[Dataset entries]
::::

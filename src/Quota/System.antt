-- ===== src/Quota/System.antt =====
-- Sequences of steps of all clients with the counters that they share.
use nps.Prelude.{
  ℕ, zero, suc, ◌+◌, ◌≤◌, ◌≡◌, refl, ◌∙◌, List, [], ◌∷◌, ◌++◌, none, Bool, ◌==◌, arith, length, All,
  All-append, Bool-cases, inl, inr,
}
use nps.Quota.Users.{Registry, set_user_limits, cleanup_user, connections_of, user_connections}
use nps.Quota.Slots.{set_global_max_conn}
use nps.Quota.{Client, Shared, get_conn, add_conn}
use nps.Quota.Balance.{share, connections-put, connections-or_new, moved, kept}
use nps.Quota.Limits.{Answers, connected, turned_away, get_conn-Answers, add_conn-releases}
use nps.Quota.Steps.{
  System, system, Step, gets, gives, joins, sets_global, sets_user, deletes_user, connections,
  held_for, Owned, Balanced,
}

connections-append :
    (xs ys : List Client) → connections (xs ++ ys) ≡ connections xs + connections ys
connections-append [] ys = omega arith
connections-append (x ∷ xs) ys = omega (arith, connections-append xs ys)

held_for-append :
    (xs ys : List Client) (j : ℕ) → held_for (xs ++ ys) j ≡ held_for xs j + held_for ys j
held_for-append [] ys j = omega arith
held_for-append (x ∷ xs) ys j = omega (arith, held_for-append xs ys j)

All-split :
    (before : List Client) (c : Client) (after : List Client)
    → All Owned (before ++ (c ∷ after))
    → All Owned before × Owned c × All Owned after
All-split [] c after h = (tt, h.0, h.1)
All-split (x ∷ before) c after h = let (a, b, d) = All-split before c after h.1 in ((h.0, a), b, d)

-- A step of one client keeps the balance if it moves the counts together.
pub one_client-Balanced :
    (before : List Client) (c c' : Client) (after : List Client) (s s' : Shared)
    → Balanced (system before c after s)
    → s'.global.now_conn + c.now_conn ≡ s.global.now_conn + c'.now_conn
    → (Owned c → Owned c')
    → ((j : ℕ)
        → user_connections s.users j ≤ held_for before j + share c.owners j + held_for after j
        → user_connections s'.users j ≤ held_for before j + share c'.owners j + held_for after j)
    → Balanced (system before c' after s')
one_client-Balanced before c c' after s s' b all owns users = record {
  all = omega (
    arith,
    b.all,
    all,
    connections-append before (c ∷ after),
    connections-append before (c' ∷ after),
  );
  owned =
      let (a, d, e) = All-split before c after b.owned in
      All-append Owned before (c' ∷ after) a (owns d, e);
  users = λ j. omega (
    arith,
    held_for-append before (c' ∷ after) j,
    users j (omega (arith, b.users j, held_for-append before (c ∷ after) j)),
  );
}

gets-Balanced :
    (before : List Client) (c : Client) (after : List Client) (s : Shared)
    → (r : Bool × Client × Shared) → Answers c s r
    → Balanced (system before c after s)
    → Balanced (system before r.1 after r.2)
gets-Balanced before c after s _ (connected c' s' limit global_limit counted all owners users) b =
    one_client-Balanced before c c' after s s' b (omega (arith, counted, all))
      (λ owned. omega (arith, owned, counted, owners)) (λ j h. omega (arith, users j, h))
gets-Balanced before c after s _ (turned_away s' all users) b =
    one_client-Balanced before c c after s s' b (omega (arith, all)) (λ owned. owned)
      (λ j h. omega (arith, users j, h))

gives-Balanced :
    (before : List Client) (c : Client) (after : List Client) (s : Shared)
    → Balanced (system before c after s)
    → Balanced (system before (add_conn c s).0 after (add_conn c s).1)
gives-Balanced before c after s b =
    one_client-Balanced before c (add_conn c s).0 after s (add_conn c s).1 b
      (ground (arith, (add_conn-releases c s 0).0, (add_conn-releases c s 0).1, counted))
      (λ owned. omega (arith, owned, add_conn-releases c s 0))
      (λ j h. omega (arith, h, add_conn-releases c s j))
  where
    counted : c.now_conn ≤ s.global.now_conn
    counted = omega (arith, b.all, connections-append before (c ∷ after))

set_user_limits-connections :
    (users : Registry) (id max upload download j : ℕ)
    → user_connections (set_user_limits users id max upload download) j ≡ user_connections users j
unfolding set_user_limits user_connections connections_of
set_user_limits-connections users zero max upload download j = refl
set_user_limits-connections users (suc id) max upload download j =
    moved users id _ j (user_connections users (suc id)) (connections-or_new (users (suc id)))
    ∙ kept users (suc id) j

cleanup_user-connections :
    (users : Registry) (id j : ℕ)
    → user_connections (cleanup_user users id) j ≤ user_connections users j
unfolding cleanup_user connections_of
cleanup_user-connections users zero j = omega arith
cleanup_user-connections users (suc id) j =
    rw (connections-put users id none j) (elim (Bool-cases (j == suc id)) [
      | inl same ↦ rw same (omega arith)
      | inr other ↦ rw other (omega arith)
    ])

-- If the counts are in balance (the global count is the sum over the clients, no client remembers
-- more owners than connections, no user is counted for more than is remembered), they are after
-- any step: a call of any client, a new client, a change of settings, a deleted user.
pub Step-Balanced : (y z : System) → Step y z → Balanced y → Balanced z
unfolding set_global_max_conn
Step-Balanced _ _ (gets before c after s race) b =
    gets-Balanced before c after s (get_conn c s race) (get_conn-Answers c s race) b
Step-Balanced _ _ (gives before c after s) b = gives-Balanced before c after s b
Step-Balanced _ _ (joins clients s max_conn user_id) b = record {
  all = omega (arith, b.all);
  owned = (omega arith, b.owned);
  users = λ j. omega (arith, b.users j);
}
Step-Balanced _ _ (sets_global clients s limit) b = record {
  all = b.all;
  owned = b.owned;
  users = b.users;
}
Step-Balanced _ _ (sets_user clients s id max upload download) b = record {
  all = b.all;
  owned = b.owned;
  users =
      λ j. omega (arith, b.users j, set_user_limits-connections s.users id max upload download j);
}
Step-Balanced _ _ (deletes_user clients s id) b = record {
  all = b.all;
  owned = b.owned;
  users = λ j. omega (arith, b.users j, cleanup_user-connections s.users id j);
}

-- Nothing has been counted yet.
abbrev pub start : System
start = record {
  clients = [];
  shared = record { users = λ id. none; global = record { max_conn = 0; now_conn = 0 } };
}

pub data Reaches : System → Type 0 where
  at_start : Reaches start
  after_step : (y z : System) → Reaches y → Step y z → Reaches z

no_users : (j : ℕ) → user_connections start.shared.users j ≤ 0
unfolding user_connections connections_of
no_users zero = omega arith
no_users (suc j) = omega arith

pub Reaches-Balanced : (y : System) → Reaches y → Balanced y
Reaches-Balanced _ at_start = record { all = refl; owned = tt; users = no_users }
Reaches-Balanced _ (after_step y z r s) = Step-Balanced y z s (Reaches-Balanced y r)

abbrev pub Idle : Client → Type 0
Idle c = c.now_conn ≡ 0

Idle-connections : (cs : List Client) → All Idle cs → connections cs ≡ 0
Idle-connections [] h = refl
Idle-connections (c ∷ cs) h = omega (arith, h.0, Idle-connections cs h.1)

Idle-held_for : (cs : List Client) (j : ℕ) → All Idle cs → All Owned cs → held_for cs j ≡ 0
Idle-held_for [] j h o = refl
Idle-held_for (c ∷ cs) j h o =
    omega (arith, no_owner c.owners j (omega (arith, h.0, o.0)), Idle-held_for cs j h.1 o.1)
  where
    no_owner : (owners : List ℕ) (j : ℕ) → length owners ≡ 0 → share owners j ≡ 0
    no_owner [] j e = refl
    no_owner (x ∷ xs) j e = absurd (omega (arith, e))

-- After any steps from the start, if no client has a connection, the global count and the count
-- of every user are 0.
pub Reaches-no_leak :
    (y : System)
    → Reaches y
    → All Idle y.clients
    → (y.shared.global.now_conn ≡ 0) × ((j : ℕ) → user_connections y.shared.users j ≡ 0)
Reaches-no_leak y r idle =
    let b = Reaches-Balanced y r in
    (
      omega (arith, b.all, Idle-connections y.clients idle),
      λ j. omega (arith, b.users j, Idle-held_for y.clients j idle b.owned),
    )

::::

# Exercise instructions:
Only the lines from the top of the data through the line that contains "connections-append (x ∷" should be quoted, exactly as they stand.

# Result of the exercise:
filename src/Quota/System.antt
-- ===== src/Quota/System.antt =====
-- Sequences of steps of all clients with the counters that they share.
use nps.Prelude.{
  ℕ, zero, suc, ◌+◌, ◌≤◌, ◌≡◌, refl, ◌∙◌, List, [], ◌∷◌, ◌++◌, none, Bool, ◌==◌, arith, length, All,
  All-append, Bool-cases, inl, inr,
}
use nps.Quota.Users.{Registry, set_user_limits, cleanup_user, connections_of, user_connections}
use nps.Quota.Slots.{set_global_max_conn}
use nps.Quota.{Client, Shared, get_conn, add_conn}
use nps.Quota.Balance.{share, connections-put, connections-or_new, moved, kept}
use nps.Quota.Limits.{Answers, connected, turned_away, get_conn-Answers, add_conn-releases}
use nps.Quota.Steps.{
  System, system, Step, gets, gives, joins, sets_global, sets_user, deletes_user, connections,
  held_for, Owned, Balanced,
}

connections-append :
    (xs ys : List Client) → connections (xs ++ ys) ≡ connections xs + connections ys
connections-append [] ys = omega arith
connections-append (x ∷ xs) ys = omega (arith, connections-append xs ys)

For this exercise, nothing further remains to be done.